LIRR says record ridership shows need for reverse commute, 3rd track

Noah Manskar
A Long Island Rail Road train pulls into the Great Neck station. (Photo by Adam Lidgett)

Most of the record number of Long Island Rail Road trips commuters took last year were headed west into New York City, but more and more commuters want take the train east to the Island, according to numbers the Metropolitan Transportation Authority released Monday.

The LIRR maintained its status as the nation’s busiest commuter railroad in 2016, increasing its ridership 1.9 percent to 89.3 million customers, the most since 1949, the MTA said.

Some 79 percent of weekday rush-hour trips were bound for workplaces in Manhattan or other destinations west of the Nassau County line, according to MTA data, and 11 percent were headed east for work or other reasons.

Combined with changes in how young workers get to work, that bolsters the need for major upgrades to the LIRR’s infrastructure, transit officials say, including a controversial third track along a key stretch of its Main Line.

“There is an intrinsic demand for reverse-peak travel to the Island that today is very difficult for the LIRR to accommodate as a two-track railroad,” LIRR President Patrick Nowakowski said in a statement. “This data shows that if and when the Main Line is expanded to a third track, our reverse-commute service would fill an immediate unmet need.”

The LIRR has seen ridership grow an average of 1.9 percent annually in the past five years, from a total of 81 million customers in 2011, the MTA said.

That trend will likely continue, as fewer millennial commuters born between 1981 and 1997 have cars than their older counterparts, making them more likely to “opt for the railroad as a matter of choice,” William Wheeler, the MTA’s director of planning, said in a statement.

“We know that habits that are developed early in one’s adult life tend to stick with them through their entire working lives,” Wheeler said. “So the trend bodes well as a long-term positive for LIRR ridership.”

The number of commuters traveling to Long Island from New York City increased 43 percent between 1980 and 1990, but fell 8.3 percent to 79,981 between 1990 and 2013, according to a 2015 analysis of U.S. Census data by the Long Island Association, the region’s largest business group.

The association’s analysis argues that a lack of trains going the opposite direction of most commuters — east in the morning and west in the evening — contributed to that decrease.

The LIRR wants to build a third track along 9.8 miles of its Main Line between Floral Park and Hicksville, which would create more reverse-commute capacity by opening a lane for off-peak trains.

This is appealing to business leaders and public officials aiming to build commerce on Long Island, who say a third track is necessary to draw young, highly skilled workers.

The LIRR projects reverse-peak ridership between Floral Park and Hicksville would increase 60 percent by 2040 if the third track is built, according to the draft environmental impact statement for the project. The New York Metropolitan Transportation Council projects Long Island will add 135,500 jobs in the same time period.

But opponents of the third track in Floral Park, New Hyde Park and Mineola have remained highly skeptical of the reverse commute as a justification for a project that they say would irreparably damage their quality of life.

Opponents worry about traffic and noise problems caused by construction in the short term and changes to railroad service and traffic patterns in the long term.

Many have cited anecdotes of seeing mostly empty eastbound trains during the day.
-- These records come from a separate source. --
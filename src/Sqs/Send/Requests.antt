-- ===== src/Sqs/Send/Requests.antt =====
-- Every request that Send makes keeps the limits on a request.
use outboxer.Prelude.{
  ◌≤◌, String, Bool, true, false, Option, none, some, List, [], ◌∷◌, map, sym, subst, inl, inr, All,
  All-append, Bool-cases, length, All-concat_inv, string_eq, arith,
}
use outboxer.Errors.{Error, Outcome, failed, returned}
use outboxer.Provider.{Event}
use outboxer.Sqs.{
  PreparedEvent, BatchResponse, sqs_event_max_size_byte, chunk_sqs_standard_events,
  is_sqs_permanent_request_error,
}
use outboxer.Sqs.Chunks.{size, IsChunk, chunk_sqs_standard_events-IsChunk}
use outboxer.Sqs.Prepare.{Library}
use outboxer.Sqs.Prepare.Entries.{Decided}
use outboxer.Sqs.Send.{
  Run, Service, batch_requests, isolated_requests, singletons, requests_with_semaphore,
  gated_requests, after_sent, fifo_next, send_with_semaphore, chunk_run, send_sqs_standard_events,
}

-- Fit for one call, given what holds of each entry.
pub record IsRequest (E : PreparedEvent → Type 0) (request : List PreparedEvent) : Type 0 where
  pub filled : 1 ≤ length request
  pub few : length request ≤ 10
  pub small : size request ≤ sqs_event_max_size_byte
  pub entries : All E request

abbrev pub AreRequests : (PreparedEvent → Type 0) → Run → Type 0
AreRequests E r = All (IsRequest E) r.requests

module _ (E : PreparedEvent → Type 0)
    (fits : (p : PreparedEvent) → E p → p.message_size ≤ sqs_event_max_size_byte) where
  one-IsRequest : (p : PreparedEvent) → E p → IsRequest E (p ∷ [])
  one-IsRequest p h = record {
    filled = omega arith;
    few = omega arith;
    small = omega (arith, fits p h);
    entries = (h, tt);
  }

  singletons-IsRequest : (ps : List PreparedEvent) → All E ps → All (IsRequest E) (singletons ps)
  singletons-IsRequest [] h = tt
  singletons-IsRequest (p ∷ ps) h = (one-IsRequest p h.0, singletons-IsRequest ps h.1)

  chunk-IsRequest : (chunk : List PreparedEvent) → IsChunk chunk → All E chunk → IsRequest E chunk
  chunk-IsRequest [] c h = absurd (omega (arith, c.filled))
  chunk-IsRequest (p ∷ []) c h = one-IsRequest p h.0
  chunk-IsRequest (p ∷ q ∷ ps) c h = record {
    filled = c.filled;
    few = c.few;
    small = c.small (omega arith);
    entries = h;
  }

  isolated-IsRequest :
      (o : Outcome BatchResponse) (chunk : List PreparedEvent)
      → All E chunk
      → All (IsRequest E) (isolated_requests o chunk)
  isolated-IsRequest (returned r) chunk h = tt
  isolated-IsRequest (failed e) [] h = tt
  isolated-IsRequest (failed e) (p ∷ []) h = tt
  isolated-IsRequest (failed e) (p ∷ q ∷ ps) h =
      elim (Bool-cases (is_sqs_permanent_request_error e)) [
        | inl bad ↦ rw bad (singletons-IsRequest (p ∷ q ∷ ps) h)
        | inr late ↦ rw late tt
      ]

  batch-IsRequest :
      (o : Outcome BatchResponse) (chunk : List PreparedEvent)
      → IsRequest E chunk
      → All (IsRequest E) (batch_requests o chunk)
  unfolding batch_requests
  batch-IsRequest o [] r = tt
  batch-IsRequest o (p ∷ ps) r = (r, isolated-IsRequest o (p ∷ ps) r.entries)

  module _ (lib : Library) (svc : Service) (queue : String) where
    gated-IsRequest :
        (gate : Option Error) (request : List PreparedEvent)
        → IsRequest E request
        → All (IsRequest E) (gated_requests lib svc queue gate request)
    gated-IsRequest (some e) request r = tt
    gated-IsRequest none request r = batch-IsRequest (svc.answer request) request r

    with_semaphore-IsRequest :
        (request : List PreparedEvent)
        → IsRequest E request
        → All (IsRequest E) (requests_with_semaphore lib svc queue request)
    unfolding requests_with_semaphore
    with_semaphore-IsRequest request r = gated-IsRequest (svc.gate request) request r

    after_sent-AreRequests :
        (err : Option Error) (done : Bool) (callbacks : List _)
        (requests : List (List PreparedEvent)) (r : Run)
        → All (IsRequest E) requests
        → AreRequests E r
        → AreRequests E (
            after_sent lib svc queue
              (record { callbacks = callbacks; any_done = done; err = err })
              requests
              r)
    after_sent-AreRequests (some e) done callbacks requests r h k = h
    after_sent-AreRequests none false callbacks requests r h k = h
    after_sent-AreRequests none true callbacks requests r h k =
        All-append (IsRequest E) requests r.requests h k

    pub fifo_next-AreRequests :
        (evt : Event) (callbacks : List _) (value : Option PreparedEvent) (r : Run)
        → Decided evt E callbacks value
        → AreRequests E r
        → AreRequests E
            (fifo_next lib svc queue (record { callbacks = callbacks; value = value }) r)
    fifo_next-AreRequests evt callbacks none r d k = k
    fifo_next-AreRequests evt callbacks (some p) r d k =
        let sent = send_with_semaphore lib svc queue (p ∷ []) in
        after_sent-AreRequests sent.err sent.any_done sent.callbacks
          (requests_with_semaphore lib svc queue (p ∷ [])) r
          (with_semaphore-IsRequest (p ∷ []) (one-IsRequest p d.1)) k

    chunks-AreRequests :
        (chunks : List (List PreparedEvent))
        → All IsChunk chunks
        → All (All E) chunks
        → All (AreRequests E) (map (chunk_run lib svc queue) chunks)
    chunks-AreRequests [] c h = tt
    chunks-AreRequests (chunk ∷ chunks) c h = (
      with_semaphore-IsRequest chunk (chunk-IsRequest chunk c.0 h.0),
      chunks-AreRequests chunks c.1 h.1,
    )

    pub standard-AreRequests :
        (ps : List PreparedEvent)
        → All E ps
        → All (AreRequests E) (send_sqs_standard_events lib svc queue ps)
    unfolding send_sqs_standard_events
    standard-AreRequests ps h =
        let (c, e) = chunk_sqs_standard_events-IsChunk ps in
        chunks-AreRequests (chunk_sqs_standard_events ps) c
          (All-concat_inv E (chunk_sqs_standard_events ps) (subst (All E) (sym e) h))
Others have pointed to the relative lack of industrial centers on Long Island that would draw workers from New York City.

The third track would do nothing to resolve the lack of transportation for commuters between the LIRR and their Long Island jobs, New Hyde Park Mayor Robert Lofaro said.

Long Island “will continue to be a personal vehicle island because once a train delivers a passenger to a station, there are no other reliable and affordable means of transportation to get them to a place of business,” Lofaro said in a text message.

Brigid McGlynn, a millennial who lives near the railroad in Floral Park, said she drives to her job in Brooklyn because she would rather not deal with the railroad’s bad service.

“Due to the delays, due to the nonsense that happens, I drive to work every day, and I do not want to really see this expansion project happening if it’s going to be affecting the safety” near her home, McGlynn said at a Jan. 19 public hearing on the project.